T1-mapping represents a quantitative MRI technique that measures absolute T1-relaxation times of tissues and can be used to indicate microstructural changes in pathophysiological, disease specific processes. It emerged as a promising tool for detecting subtle changes in the brain and spinal cord (Vrenken et al., 2006; Shah et al., 2003; Steen et al., 2004), for example the water content in different brain tissues (Jiang et al., 2017), axonal membrane (Wainger et al., 2021) and myelin damages (Wang et al., 2011).

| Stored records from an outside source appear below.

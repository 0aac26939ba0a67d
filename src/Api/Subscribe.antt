-- ===== src/Api/Subscribe.antt =====
-- internal/api/handlers/ws_handler.go: a client subscribes to the notifications of one order. gorilla's
-- Upgrade is a parameter: it says whether the connection was upgraded.
pub mod Ownership
pub mod Replay
mod Tests
use order_processing_system.Base.{
  ℕ, zero, suc, ◌⊎◌, inl, inr, Option, none, some, List, [], ◌∷◌, ◌==◌, if◌then◌else◌, codes, atoi,
  length,
}
use order_processing_system.Base.Int.{ℤ, pos, negsuc}
use order_processing_system.Models.{
  Text, Time, text_eq, Error, order_not_found, Notification, Result, ok, err,
}
use order_processing_system.Database.{Db, Engine}
use order_processing_system.Auth.{Claims, TokenManager}
use order_processing_system.Repository.Order.{get_order_user_id}
use order_processing_system.Repository.Notification.{list_by_order}
use order_processing_system.Services.Notification.{NotificationEvent, new_notification_event}
use order_processing_system.Ws.Hub.{Hub, register, client_send}
use order_processing_system.Api.Http.{Response, respond, message, error, upgraded}

abbrev pub subprotocol_sentinel : Text
subprotocol_sentinel = codes "access_token"

-- tokenFromSubprotocols: what stands behind the first sentinel that has a successor.
unfoldable pub token_from_subprotocols : List Text → Text
token_from_subprotocols [] = []
token_from_subprotocols (p ∷ []) = []
token_from_subprotocols (p ∷ q ∷ rest) =
    let later = token_from_subprotocols (q ∷ rest) in
    if text_eq p subprotocol_sentinel then q else later

-- Step 1
unfoldable pub authenticate_handshake : TokenManager → Time → List Text → Response ⊎ Claims
unfolding token_from_subprotocols
authenticate_handshake tokens now protocols =
    let token = token_from_subprotocols protocols in
    if text_eq token []
    then inl (respond 401 (message (codes "authentication required")))
    else (elim (tokens.parse now token) [
      | err e ↦ inl (respond 401 (message (codes "invalid or expired token")))
      | ok claims ↦ inr claims
    ])

-- Step 2: a positive id
abbrev pub positive : ℤ → Option ℕ
positive (pos zero) = none
positive (pos (suc n)) = some (suc n)
positive (negsuc n) = none

abbrev pub positive_id : Option ℤ → Option ℕ
positive_id none = none
positive_id (some z) = positive z

abbrev pub owner_error : Error → Response
owner_error order_not_found = respond 404 (message (codes "order not found"))
owner_error e = respond 500 (message (codes "could not load order"))

-- Step 3, with the owner that was read
abbrev pub owned : ℕ → Claims → Result ℕ → Option Response
owned order_id claims (err e) = some (owner_error e)
owned order_id claims (ok owner) =
    if owner == claims.user_id then none else some (respond 403 (message (codes "not your order")))

-- Step 5: the loop over the stored notifications. `others` is what other goroutines do to the hub in front
-- of a send, by the notifications that are left.
module _ (json : NotificationEvent → Text) (others : ℕ → Hub → Option Hub) where
  unfoldable pub replay : ℕ → List Notification → Hub → Option Hub
  replay client [] hub = some hub
  replay client (n ∷ notes) hub = elim (others (length notes) hub) [
    | none ↦ none
    | some h ↦ elim (client_send client (json (new_notification_event n)) h) [
      | none ↦ none
      | some h' ↦ replay client notes h'
    ]
  ]

  -- The read's error is only logged.
  unfoldable pub replayed : ℕ → Result (List Notification) → Hub → Option Hub
  unfolding replay
  replayed client (err e) hub = some hub
  replayed client (ok notes) hub = replay client notes hub

  -- Steps 4 and 5 on an upgraded connection; `none` is a panic.
  unfoldable pub open_socket : Engine → ℕ → Db → Hub → Option Hub × Db
  unfolding replayed
  open_socket engine order_id db hub =
      let (r, db') = list_by_order engine order_id db in
      (elim (register order_id hub) [ none ↦ none | some h ↦ replayed hub.next r h ], db')

  -- Step 4: what the upgrade answered. A failed one has written its response.
  unfoldable pub upgrade : Engine → Result (Unit {0}) → ℕ → Db → Hub → Response × Option Hub × Db
  unfolding open_socket
  upgrade engine (err e) order_id db hub = (respond 400 (error e), some hub, db)
  upgrade engine (ok u) order_id db hub =
      let (h, db') = open_socket engine order_id db hub in (respond 101 upgraded, h, db')

  -- Steps 3 to 5
  unfoldable pub authorize :
      Engine → Result (Unit {0}) → Claims → ℕ → Db → Hub → Response × Option Hub × Db
  unfolding upgrade
  authorize engine upgrading claims order_id db hub =
      let (r, db') = get_order_user_id engine order_id db in
      elim (owned order_id claims r) [
        | some refusal ↦ (refusal, some hub, db')
        | none ↦ upgrade engine upgrading order_id db' hub
      ]

  -- Connect
  unfoldable pub connect :
      Engine
      → TokenManager
      → Time
      → Result (Unit {0})
      → List Text
      → Text
      → Db
      → Hub
      → Response × Option Hub × Db
  unfolding authenticate_handshake authorize
  connect engine tokens now upgrading protocols param db hub =
      elim (authenticate_handshake tokens now protocols) [
        | inl refusal ↦ (refusal, some hub, db)
        | inr claims ↦ elim (positive_id (atoi param)) [
          | none ↦ (respond 400 (message (codes "invalid order id")), some hub, db)
          | some order_id ↦ authorize engine upgrading claims order_id db hub
        ]
      ]
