-- ===== src/Imports/Registered/DatabasesC.antt =====
-- The init function of cdk8s/imports/databasesschemaheroio/databasesschemaheroio.go, from
-- DatabaseSpecConnectionMysqlHostValueFromSsmAccessKeyIdValueFrom to
-- DatabaseSpecConnectionPostgresPassword.
use learning_crossplane_e2e.Prelude.{List, [], ◌∷◌}
use learning_crossplane_e2e.Imports.Registry.{Registration, register_struct}

abbrev pub schemahero_databases_init_5 : List Registration
schemahero_databases_init_5 =
    register_struct
      "databasesschemaheroio.DatabaseSpecConnectionMysqlHostValueFromSsmAccessKeyIdValueFrom"
      "DatabaseSpecConnectionMysqlHostValueFromSsmAccessKeyIdValueFrom"
    ∷ register_struct
        "databasesschemaheroio.DatabaseSpecConnectionMysqlHostValueFromSsmAccessKeyIdValueFromSecretKeyRef"
        "DatabaseSpecConnectionMysqlHostValueFromSsmAccessKeyIdValueFromSecretKeyRef"
    ∷ register_struct
        "databasesschemaheroio.DatabaseSpecConnectionMysqlHostValueFromSsmSecretAccessKey"
        "DatabaseSpecConnectionMysqlHostValueFromSsmSecretAccessKey"
    ∷ register_struct
        "databasesschemaheroio.DatabaseSpecConnectionMysqlHostValueFromSsmSecretAccessKeyValueFrom"
        "DatabaseSpecConnectionMysqlHostValueFromSsmSecretAccessKeyValueFrom"
    ∷ register_struct
        "databasesschemaheroio.DatabaseSpecConnectionMysqlHostValueFromSsmSecretAccessKeyValueFromSecretKeyRef"
        "DatabaseSpecConnectionMysqlHostValueFromSsmSecretAccessKeyValueFromSecretKeyRef"
    ∷ register_struct "databasesschemaheroio.DatabaseSpecConnectionMysqlHostValueFromVault"
        "DatabaseSpecConnectionMysqlHostValueFromVault"
    ∷ register_struct "databasesschemaheroio.DatabaseSpecConnectionMysqlPassword"
        "DatabaseSpecConnectionMysqlPassword"
    ∷ register_struct "databasesschemaheroio.DatabaseSpecConnectionMysqlPasswordValueFrom"
        "DatabaseSpecConnectionMysqlPasswordValueFrom"
    ∷ register_struct
        "databasesschemaheroio.DatabaseSpecConnectionMysqlPasswordValueFromSecretKeyRef"
        "DatabaseSpecConnectionMysqlPasswordValueFromSecretKeyRef"
    ∷ register_struct "databasesschemaheroio.DatabaseSpecConnectionMysqlPasswordValueFromSsm"
        "DatabaseSpecConnectionMysqlPasswordValueFromSsm"
    ∷ register_struct
        "databasesschemaheroio.DatabaseSpecConnectionMysqlPasswordValueFromSsmAccessKeyId"
        "DatabaseSpecConnectionMysqlPasswordValueFromSsmAccessKeyId"
    ∷ register_struct
        "databasesschemaheroio.DatabaseSpecConnectionMysqlPasswordValueFromSsmAccessKeyIdValueFrom"
        "DatabaseSpecConnectionMysqlPasswordValueFromSsmAccessKeyIdValueFrom"
    ∷ register_struct
        "databasesschemaheroio.DatabaseSpecConnectionMysqlPasswordValueFromSsmAccessKeyIdValueFromSecretKeyRef"
        "DatabaseSpecConnectionMysqlPasswordValueFromSsmAccessKeyIdValueFromSecretKeyRef"
    ∷ register_struct
        "databasesschemaheroio.DatabaseSpecConnectionMysqlPasswordValueFromSsmSecretAccessKey"
        "DatabaseSpecConnectionMysqlPasswordValueFromSsmSecretAccessKey"
    ∷ register_struct
        "databasesschemaheroio.DatabaseSpecConnectionMysqlPasswordValueFromSsmSecretAccessKeyValueFrom"
        "DatabaseSpecConnectionMysqlPasswordValueFromSsmSecretAccessKeyValueFrom"
    ∷ register_struct
        "databasesschemaheroio.DatabaseSpecConnectionMysqlPasswordValueFromSsmSecretAccessKeyValueFromSecretKeyRef"
        "DatabaseSpecConnectionMysqlPasswordValueFromSsmSecretAccessKeyValueFromSecretKeyRef"
    ∷ register_struct "databasesschemaheroio.DatabaseSpecConnectionMysqlPasswordValueFromVault"
        "DatabaseSpecConnectionMysqlPasswordValueFromVault"
    ∷ register_struct "databasesschemaheroio.DatabaseSpecConnectionMysqlPort"
        "DatabaseSpecConnectionMysqlPort"
    ∷ register_struct "databasesschemaheroio.DatabaseSpecConnectionMysqlPortValueFrom"
        "DatabaseSpecConnectionMysqlPortValueFrom"
    ∷ register_struct "databasesschemaheroio.DatabaseSpecConnectionMysqlPortValueFromSecretKeyRef"
        "DatabaseSpecConnectionMysqlPortValueFromSecretKeyRef"
    ∷ register_struct "databasesschemaheroio.DatabaseSpecConnectionMysqlPortValueFromSsm"
        "DatabaseSpecConnectionMysqlPortValueFromSsm"
    ∷ register_struct "databasesschemaheroio.DatabaseSpecConnectionMysqlPortValueFromSsmAccessKeyId"
        "DatabaseSpecConnectionMysqlPortValueFromSsmAccessKeyId"
    ∷ register_struct
        "databasesschemaheroio.DatabaseSpecConnectionMysqlPortValueFromSsmAccessKeyIdValueFrom"
        "DatabaseSpecConnectionMysqlPortValueFromSsmAccessKeyIdValueFrom"
    ∷ register_struct
        "databasesschemaheroio.DatabaseSpecConnectionMysqlPortValueFromSsmAccessKeyIdValueFromSecretKeyRef"
        "DatabaseSpecConnectionMysqlPortValueFromSsmAccessKeyIdValueFromSecretKeyRef"
    ∷ register_struct
        "databasesschemaheroio.DatabaseSpecConnectionMysqlPortValueFromSsmSecretAccessKey"
        "DatabaseSpecConnectionMysqlPortValueFromSsmSecretAccessKey"
    ∷ register_struct
        "databasesschemaheroio.DatabaseSpecConnectionMysqlPortValueFromSsmSecretAccessKeyValueFrom"
        "DatabaseSpecConnectionMysqlPortValueFromSsmSecretAccessKeyValueFrom"
    ∷ register_struct
        "databasesschemaheroio.DatabaseSpecConnectionMysqlPortValueFromSsmSecretAccessKeyValueFromSecretKeyRef"
        "DatabaseSpecConnectionMysqlPortValueFromSsmSecretAccessKeyValueFromSecretKeyRef"
    ∷ register_struct "databasesschemaheroio.DatabaseSpecConnectionMysqlPortValueFromVault"
        "DatabaseSpecConnectionMysqlPortValueFromVault"
    ∷ register_struct "databasesschemaheroio.DatabaseSpecConnectionMysqlUri"
        "DatabaseSpecConnectionMysqlUri"
    ∷ register_struct "databasesschemaheroio.DatabaseSpecConnectionMysqlUriValueFrom"
        "DatabaseSpecConnectionMysqlUriValueFrom"
    ∷ register_struct "databasesschemaheroio.DatabaseSpecConnectionMysqlUriValueFromSecretKeyRef"
        "DatabaseSpecConnectionMysqlUriValueFromSecretKeyRef"
    ∷ register_struct "databasesschemaheroio.DatabaseSpecConnectionMysqlUriValueFromSsm"
        "DatabaseSpecConnectionMysqlUriValueFromSsm"
    ∷ register_struct "databasesschemaheroio.DatabaseSpecConnectionMysqlUriValueFromSsmAccessKeyId"
        "DatabaseSpecConnectionMysqlUriValueFromSsmAccessKeyId"
    ∷ register_struct
        "databasesschemaheroio.DatabaseSpecConnectionMysqlUriValueFromSsmAccessKeyIdValueFrom"
        "DatabaseSpecConnectionMysqlUriValueFromSsmAccessKeyIdValueFrom"
    ∷ register_struct
        "databasesschemaheroio.DatabaseSpecConnectionMysqlUriValueFromSsmAccessKeyIdValueFromSecretKeyRef"
        "DatabaseSpecConnectionMysqlUriValueFromSsmAccessKeyIdValueFromSecretKeyRef"
    ∷ register_struct
        "databasesschemaheroio.DatabaseSpecConnectionMysqlUriValueFromSsmSecretAccessKey"
        "DatabaseSpecConnectionMysqlUriValueFromSsmSecretAccessKey"
    ∷ register_struct
        "databasesschemaheroio.DatabaseSpecConnectionMysqlUriValueFromSsmSecretAccessKeyValueFrom"
        "DatabaseSpecConnectionMysqlUriValueFromSsmSecretAccessKeyValueFrom"
    ∷ []

abbrev pub schemahero_databases_init_6 : List Registration
schemahero_databases_init_6 =
    register_struct
      "databasesschemaheroio.DatabaseSpecConnectionMysqlUriValueFromSsmSecretAccessKeyValueFromSecretKeyRef"
      "DatabaseSpecConnectionMysqlUriValueFromSsmSecretAccessKeyValueFromSecretKeyRef"
    ∷ register_struct "databasesschemaheroio.DatabaseSpecConnectionMysqlUriValueFromVault"
        "DatabaseSpecConnectionMysqlUriValueFromVault"
    ∷ register_struct "databasesschemaheroio.DatabaseSpecConnectionMysqlUser"
        "DatabaseSpecConnectionMysqlUser"
    ∷ register_struct "databasesschemaheroio.DatabaseSpecConnectionMysqlUserValueFrom"
        "DatabaseSpecConnectionMysqlUserValueFrom"
    ∷ register_struct "databasesschemaheroio.DatabaseSpecConnectionMysqlUserValueFromSecretKeyRef"
        "DatabaseSpecConnectionMysqlUserValueFromSecretKeyRef"
    ∷ register_struct "databasesschemaheroio.DatabaseSpecConnectionMysqlUserValueFromSsm"
        "DatabaseSpecConnectionMysqlUserValueFromSsm"
    ∷ register_struct "databasesschemaheroio.DatabaseSpecConnectionMysqlUserValueFromSsmAccessKeyId"
        "DatabaseSpecConnectionMysqlUserValueFromSsmAccessKeyId"
    ∷ register_struct
        "databasesschemaheroio.DatabaseSpecConnectionMysqlUserValueFromSsmAccessKeyIdValueFrom"
        "DatabaseSpecConnectionMysqlUserValueFromSsmAccessKeyIdValueFrom"
    ∷ register_struct
        "databasesschemaheroio.DatabaseSpecConnectionMysqlUserValueFromSsmAccessKeyIdValueFromSecretKeyRef"
        "DatabaseSpecConnectionMysqlUserValueFromSsmAccessKeyIdValueFromSecretKeyRef"
    ∷ register_struct
        "databasesschemaheroio.DatabaseSpecConnectionMysqlUserValueFromSsmSecretAccessKey"
        "DatabaseSpecConnectionMysqlUserValueFromSsmSecretAccessKey"
    ∷ register_struct
        "databasesschemaheroio.DatabaseSpecConnectionMysqlUserValueFromSsmSecretAccessKeyValueFrom"
        "DatabaseSpecConnectionMysqlUserValueFromSsmSecretAccessKeyValueFrom"
    ∷ register_struct
        "databasesschemaheroio.DatabaseSpecConnectionMysqlUserValueFromSsmSecretAccessKeyValueFromSecretKeyRef"
        "DatabaseSpecConnectionMysqlUserValueFromSsmSecretAccessKeyValueFromSecretKeyRef"
    ∷ register_struct "databasesschemaheroio.DatabaseSpecConnectionMysqlUserValueFromVault"
        "DatabaseSpecConnectionMysqlUserValueFromVault"
    ∷ register_struct "databasesschemaheroio.DatabaseSpecConnectionPostgres"
        "DatabaseSpecConnectionPostgres"
    ∷ register_struct "databasesschemaheroio.DatabaseSpecConnectionPostgresDbname"
        "DatabaseSpecConnectionPostgresDbname"
    ∷ register_struct "databasesschemaheroio.DatabaseSpecConnectionPostgresDbnameValueFrom"
        "DatabaseSpecConnectionPostgresDbnameValueFrom"
    ∷ register_struct
        "databasesschemaheroio.DatabaseSpecConnectionPostgresDbnameValueFromSecretKeyRef"
        "DatabaseSpecConnectionPostgresDbnameValueFromSecretKeyRef"
    ∷ register_struct "databasesschemaheroio.DatabaseSpecConnectionPostgresDbnameValueFromSsm"
        "DatabaseSpecConnectionPostgresDbnameValueFromSsm"
    ∷ register_struct
        "databasesschemaheroio.DatabaseSpecConnectionPostgresDbnameValueFromSsmAccessKeyId"
        "DatabaseSpecConnectionPostgresDbnameValueFromSsmAccessKeyId"
    ∷ register_struct
        "databasesschemaheroio.DatabaseSpecConnectionPostgresDbnameValueFromSsmAccessKeyIdValueFrom"
        "DatabaseSpecConnectionPostgresDbnameValueFromSsmAccessKeyIdValueFrom"
    ∷ register_struct
        "databasesschemaheroio.DatabaseSpecConnectionPostgresDbnameValueFromSsmAccessKeyIdValueFromSecretKeyRef"
        "DatabaseSpecConnectionPostgresDbnameValueFromSsmAccessKeyIdValueFromSecretKeyRef"
    ∷ register_struct
        "databasesschemaheroio.DatabaseSpecConnectionPostgresDbnameValueFromSsmSecretAccessKey"
        "DatabaseSpecConnectionPostgresDbnameValueFromSsmSecretAccessKey"
    ∷ register_struct
        "databasesschemaheroio.DatabaseSpecConnectionPostgresDbnameValueFromSsmSecretAccessKeyValueFrom"
        "DatabaseSpecConnectionPostgresDbnameValueFromSsmSecretAccessKeyValueFrom"
    ∷ register_struct
        "databasesschemaheroio.DatabaseSpecConnectionPostgresDbnameValueFromSsmSecretAccessKeyValueFromSecretKeyRef"
        "DatabaseSpecConnectionPostgresDbnameValueFromSsmSecretAccessKeyValueFromSecretKeyRef"
    ∷ register_struct "databasesschemaheroio.DatabaseSpecConnectionPostgresDbnameValueFromVault"
        "DatabaseSpecConnectionPostgresDbnameValueFromVault"
    ∷ register_struct "databasesschemaheroio.DatabaseSpecConnectionPostgresHost"
        "DatabaseSpecConnectionPostgresHost"
    ∷ register_struct "databasesschemaheroio.DatabaseSpecConnectionPostgresHostValueFrom"
        "DatabaseSpecConnectionPostgresHostValueFrom"
    ∷ register_struct
        "databasesschemaheroio.DatabaseSpecConnectionPostgresHostValueFromSecretKeyRef"
        "DatabaseSpecConnectionPostgresHostValueFromSecretKeyRef"
    ∷ register_struct "databasesschemaheroio.DatabaseSpecConnectionPostgresHostValueFromSsm"
        "DatabaseSpecConnectionPostgresHostValueFromSsm"
    ∷ register_struct
        "databasesschemaheroio.DatabaseSpecConnectionPostgresHostValueFromSsmAccessKeyId"
        "DatabaseSpecConnectionPostgresHostValueFromSsmAccessKeyId"
    ∷ register_struct
        "databasesschemaheroio.DatabaseSpecConnectionPostgresHostValueFromSsmAccessKeyIdValueFrom"
        "DatabaseSpecConnectionPostgresHostValueFromSsmAccessKeyIdValueFrom"
    ∷ register_struct
        "databasesschemaheroio.DatabaseSpecConnectionPostgresHostValueFromSsmAccessKeyIdValueFromSecretKeyRef"
        "DatabaseSpecConnectionPostgresHostValueFromSsmAccessKeyIdValueFromSecretKeyRef"
    ∷ register_struct
        "databasesschemaheroio.DatabaseSpecConnectionPostgresHostValueFromSsmSecretAccessKey"
        "DatabaseSpecConnectionPostgresHostValueFromSsmSecretAccessKey"
    ∷ register_struct
        "databasesschemaheroio.DatabaseSpecConnectionPostgresHostValueFromSsmSecretAccessKeyValueFrom"
        "DatabaseSpecConnectionPostgresHostValueFromSsmSecretAccessKeyValueFrom"
    ∷ register_struct
        "databasesschemaheroio.DatabaseSpecConnectionPostgresHostValueFromSsmSecretAccessKeyValueFromSecretKeyRef"
        "DatabaseSpecConnectionPostgresHostValueFromSsmSecretAccessKeyValueFromSecretKeyRef"
    ∷ register_struct "databasesschemaheroio.DatabaseSpecConnectionPostgresHostValueFromVault"
        "DatabaseSpecConnectionPostgresHostValueFromVault"
    ∷ register_struct "databasesschemaheroio.DatabaseSpecConnectionPostgresPassword"
        "DatabaseSpecConnectionPostgresPassword"
    ∷ []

By providing quantitative information about tissue properties, T1-mapping offers insights into disease progresses that may not be apparent on commonly used MRI such as T1- and T2-weighted MRIs, fluid attenuated inversion recovery (FLAIR) and hemoglobin sensitive T2^* or susceptibility weighted imaging (SWI) sequences (Shah et al., 2003). While it has been effectively utilized in various domains, including cardiovascular diseases (Kim et al., 2017; Radunski et al., 2014; Mewton et al., 2011), its potential for advancing neuroimaging in neurological disorders continues to grow. In particular for patients with suspected ALS commonly used MRI sequences are majorly used for differentiating other differential diagnoses without showing disease specific changes.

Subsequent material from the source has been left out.